# Wife issues....



## c2500 (Aug 17, 2011)

In 2010 I caught the wife having an affair with a much older man. She was served and I was ready to return the favor for all the mental abuse she had bestowed upon me. Suddenly though she wanted to get back together. I held off on the legal stuff and we reached the point of drop it or put a reconcilliation agreement into place. We both saw a counselor jointly and individually. We legally reconciled in October 2011. At the first of December I had an accident and was basically bedridden for 5 weeks. During that time we had a bad fight on out anniversary because she would not touch me when I reaqlly needed some support. I wasn't looking for sex that night, but I needed to feel loved and she was the farthest thing from it.

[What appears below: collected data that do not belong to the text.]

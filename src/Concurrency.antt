-- ===== src/Concurrency.antt =====
-- src/core/concurrency.ts: mapWithConcurrency, whose workers take the indices in turn.
pub mod Workers
pub mod Steps
pub mod Complete
pub mod Bound
mod Examples
use shan_hai_edu_ppt.Base.{
  ℕ, zero, suc, ◌+◌, min, Bool, true, false, not, ◌&&◌, ◌||◌, Option, none, some, List, [], ◌∷◌,
  ltb, leb, all, any, is_some, ◌==◌, if◌then◌else◌, Result, ok, err,
}
use shan_hai_edu_ppt.Base.Int.{Number, is_positive_safe, amount}

-- A worker stands at the head of its loop, waits for its operation, or has returned.
pub data Worker : Type 0 where
  at_head : Worker
  operating : (index : ℕ) → Worker
  returned : Worker

-- A worker's turn: it passes the head of its loop, or its operation resolves or rejects. A thrown
-- `null` or `undefined` is `none`.
pub data Turn (R E : Type 0) : Type 0 where
  proceeds : Turn R E
  resolves : R → Turn R E
  rejects : Option E → Turn R E

pub record Pool (R E : Type 0) : Type 0 where
  pub count : ℕ
  pub next_index : ℕ
  pub stopped : Bool
  pub failure : Option E
  pub results : ℕ → Option R
  pub workers : List Worker

abbrev pub is_operating : ℕ → Worker → Bool
is_operating i (operating j) = i == j
is_operating i _ = false

abbrev pub is_returned : Worker → Bool
is_returned returned = true
is_returned _ = false

pub get_worker : ℕ → List Worker → Option Worker
get_worker k [] = none
get_worker zero (w ∷ ws) = some w
get_worker (suc k) (w ∷ ws) = get_worker k ws

pub set_worker : ℕ → Worker → List Worker → List Worker
set_worker k v [] = []
set_worker zero v (w ∷ ws) = v ∷ ws
set_worker (suc k) v (w ∷ ws) = w ∷ set_worker k v ws

pub copies : ℕ → List Worker
copies zero = []
copies (suc n) = at_head ∷ copies n

abbrev pub set_result {ℓ} : {R : Type ℓ} → ℕ → R → (ℕ → Option R) → ℕ → Option R
set_result i r results j = if j == i then some r else results j

-- `failure ??= error`: the first error is kept.
abbrev pub first_failure {ℓ} : {E : Type ℓ} → Option E → Option E → Option E
first_failure none e = e
first_failure (some f) e = some f

module _ {R E : Type 0} where
  -- The head of the loop: `while (!stopped)`, the next index, and the return past the last one.
  abbrev pub proceed : ℕ → Pool R E → Pool R E
  proceed k p =
      if p.stopped
      then record p { workers = set_worker k returned p.workers }
      else if leb p.count p.next_index
      then record p { next_index = p.next_index + 1; workers = set_worker k returned p.workers }
      else record p {
        next_index = p.next_index + 1;
        workers = set_worker k (operating p.next_index) p.workers;
      }

  abbrev pub resolve : ℕ → ℕ → R → Pool R E → Pool R E
  resolve k i r p = record p {
    results = set_result i r p.results;
    workers = set_worker k at_head p.workers;
  }

  abbrev pub reject : ℕ → Option E → Pool R E → Pool R E
  reject k e p = record p {
    failure = first_failure p.failure e;
    stopped = true;
    workers = set_worker k at_head p.workers;
  }

  abbrev pub turn_of : Option Worker → ℕ → Turn R E → Pool R E → Option (Pool R E)
  turn_of (some at_head) k proceeds p = some (proceed k p)
  turn_of (some (operating i)) k (resolves r) p = some (resolve k i r p)
  turn_of (some (operating i)) k (rejects e) p = some (reject k e p)
  turn_of _ k turn p = none

  -- A turn of the worker `k`, if it can take it.
  unfoldable pub take_turn : ℕ → Turn R E → Pool R E → Option (Pool R E)
  unfolding get_worker set_worker
  take_turn k turn p = turn_of (get_worker k p.workers) k turn p

  -- An interleaving: which worker takes which turn, one after the other.
  pub run_turns : List (ℕ × Turn R E) → Pool R E → Option (Pool R E)
  unfolding take_turn
  run_turns [] p = some p
  run_turns ((k, turn) ∷ turns) p = elim (take_turn k turn p) [
    | none ↦ none
    | some q ↦ run_turns turns q
  ]

  unfoldable pub start_pool : ℕ → ℕ → Pool R E
  unfolding copies
  start_pool concurrency count = record {
    count = count;
    next_index = 0;
    stopped = false;
    failure = none;
    results = λ i. none;
    workers = copies (min concurrency count);
  }

  -- `none` where the code throws CONCURRENCY_INVALID.
  unfoldable pub open_pool : Number → ℕ → Option (Pool R E)
  unfolding start_pool
  open_pool c n = if is_positive_safe c then some (start_pool (amount c) n) else none

  -- What the call gives when every worker has returned.
  unfoldable pub outcome : Pool R E → Result E (ℕ → Option R)
  outcome p = elim p.failure [ none ↦ ok p.results | some e ↦ err e ]
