-- ===== src/BufMgr/Dispose.antt =====
-- disposePage of src/buffer.cpp.
use cs564_project.Prelude.{
  ℕ, ◌≡◌, refl, ◌⊎◌, inl, inr, none, some, ◌&&◌, ◌==◌, if◌then◌else◌, arith, Option-cases,
}
use cs564_project.Exceptions.{Exception, Result, ok, err, Result-cases}
use cs564_project.Files.{Files}
use cs564_project.HashTbl.Laws.{view, update, remove-Writes}
use cs564_project.BufMgr.State.{BufMgr, desc, clear, set_desc, clear_desc, remove_entry}
use cs564_project.BufMgr.Calls.{dispose_page, discard, delete_page, caught_result}
use cs564_project.BufMgr.Inv.{Inv, desc-set_desc, release-Inv, with_store-Inv, with_table}
use cs564_project.BufMgr.Unpin.{lookup_frame-hit, lookup_frame-miss}

module _ {files : Files} where
  -- The pool no longer holds the page: its entry is gone, and its frame is idle. The store is not
  -- touched, nor is any other frame or entry.
  pub record Discarded (s : BufMgr files) (f p : ℕ) (t : BufMgr files) : Type 0 where
    pub inv : Inv t
    pub store : t.store ≡ s.store
    pub pool : t.buf_pool ≡ s.buf_pool
    pub entries : (g q : ℕ) → view t.hash_table g q ≡ update (view s.hash_table) f p none g q
    pub frames :
        (j : ℕ)
        → desc t j ≡ (
            if (desc s j).valid && ((desc s j).file == f && (desc s j).page_no == p)
            then clear (desc s j)
            else desc s j)

  discard_present :
      (s : BufMgr files) (f p k : ℕ)
      → Inv s
      → view s.hash_table f p ≡ some k
      → (t : BufMgr files) × (caught_result (discard f p s) ≡ (ok (some tt), t)) × Discarded s f p t
  unfolding discard remove_entry clear_desc clear
  discard_present s f p k v there =
      let (h, used, file, page) = v.owned f p k there in
      let (t, removes, w) = remove-Writes s.hash_table v.table f p k there in
      (
        set_desc k (clear (desc s k)) (with_table t s.store s),
        rw (lookup_frame-hit s f p k there, remove_entry, removes),
        record {
          inv = release-Inv k t s.store v h used (rw (file, page) w);
          store = refl;
          pool = refl;
          entries = w.reads;
          frames = λ j.
              rw (desc-set_desc k j (clear (desc s k)) v h)
                (ground (arith, v.mapped j, v.owned f p j, v.owned f p k));
        },
      )

  discard_absent :
      (s : BufMgr files) (f p : ℕ)
      → view s.hash_table f p ≡ none
      → caught_result (discard f p s) ≡ (ok none, s)
  unfolding discard
  discard_absent s f p absent = rw (lookup_frame-miss s f p absent)

  absent-Discarded :
      (s : BufMgr files) (f p : ℕ) → Inv s → view s.hash_table f p ≡ none → Discarded s f p s
  absent-Discarded s f p v absent = record {
    inv = v;
    store = refl;
    pool = refl;
    entries = λ g q. ground arith;
    frames = λ j. ground (arith, v.mapped j);
  }

  abbrev pub Deletes : BufMgr files → ℕ → ℕ → Result (Unit {0}) × BufMgr files → Type 0
  Deletes t f p r =
      ((st : files.Store) × (files.delete_page t.store f p ≡ ok st)
        × (r ≡ (ok tt, record t { store = st })))
      ⊎ ((e : Exception) × (files.delete_page t.store f p ≡ err e)
          × (r ≡ (err e, record t { store = files.undeleted t.store f p })))

  delete_page-Deletes : (t : BufMgr files) (f p : ℕ) → Deletes t f p (delete_page f p t)
  unfolding delete_page
  delete_page-Deletes t f p = elim (Result-cases (files.delete_page t.store f p)) [
    | inl (st, e) ↦ inl (st, e, rw (delete_page, e))
    | inr (x, e) ↦ inr (x, e, rw (delete_page, e))
  ]

  -- In a state of the invariant, `disposePage` first takes the page out of the pool, pinned or not,
  -- which clears its frame and its entry only and keeps the invariant, and then has the file delete
  -- it; an exception of the file is passed on with the page already out of the pool and the store as
  -- the file left it.
  pub dispose_page_cases :
      (s : BufMgr files) (f p : ℕ)
      → Inv s
      → (t : BufMgr files) × Discarded s f p t × Deletes t f p (dispose_page f p s)
  unfolding dispose_page
  dispose_page_cases s f p v = elim (Option-cases (view s.hash_table f p)) [
    | inl absent ↦ (
      s,
      absent-Discarded s f p v absent,
      rw (discard_absent s f p absent) (delete_page-Deletes s f p),
    )
    | inr (k, there) ↦
        let (t, run, out) = discard_present s f p k v there in
        (t, out, rw run (delete_page-Deletes t f p))
  ]

  pub dispose_page-Inv : (s : BufMgr files) (f p : ℕ) → Inv s → Inv (dispose_page f p s).1
  dispose_page-Inv s f p v =
      let (t, out, cases) = dispose_page_cases s f p v in
      elim cases [
        | inl (st, _, e) ↦ rw e (with_store-Inv st out.inv)
        | inr (x, _, e) ↦ rw e (with_store-Inv (files.undeleted t.store f p) out.inv)
      ]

In January we started to a new marriage counselor because we were not happy with the first one...(he was alot older and we agreed we could do better). Five sessions later, she moved out a week ago Saturday. Today, she gave me her ring back. She says she wants us to work, but is planning for the worse. She took some online relationship quiz and said I was emotionally abusing her. I took the same quiz and yep, you guessed it, she is doing the same to me.

I recently started on antidepressants because prior to the move out she went to another bedroom. I am very hurt and saddened by this. She has said we should have gotten divorced, and then never gotten married. We have been married about eight and a half years.

She was starting to work later and later, as well as quit saying I love you...ironically the same behavior as with the affair (the last six weeks or so). SHe has also said I should have been over the affair after a year. I admit I have has some issues, but was working on moving on from the affair. I think some of the problem is her out of town parents. They are in declining health and her mother has been pretty bad as of late. She drove to see them over the weekend. I saw her this morning and ask if she missed me and she said no. Yet she says she has not given up on us. The counselor said we should split for a while or just end it. I wonder if it is a game, because now we would have to wait a year for divorce and I lost the adultry charge. The adultry would have aided in a much better settlement for me. Has anyone else ever had this happen? Thoughts?? I love her deeply and want the marriage to survive..and thrive, but it just seems to be sinking.

Thanks


----------



## that_girl (Jul 6, 2011)

She gave you her ring and moved out.

File divorce on her. Stat.


----------



## Jeff74 (Feb 11, 2012)

Adultery would most likely not effect the outcome of your divorce proceedings.
_Posted via Mobile Device_


----------



## CH (May 18, 2010)

that_girl said:


> She gave you her ring and moved out.
> 
> File divorce on her. Stat.


She said all that needs to be said.


----------



## Toffer (Jan 31, 2012)

If you're right about the adultery issue, she played you big time.

Time to move on


----------



## warlock07 (Oct 28, 2011)

> Yet she says she has not given up on us.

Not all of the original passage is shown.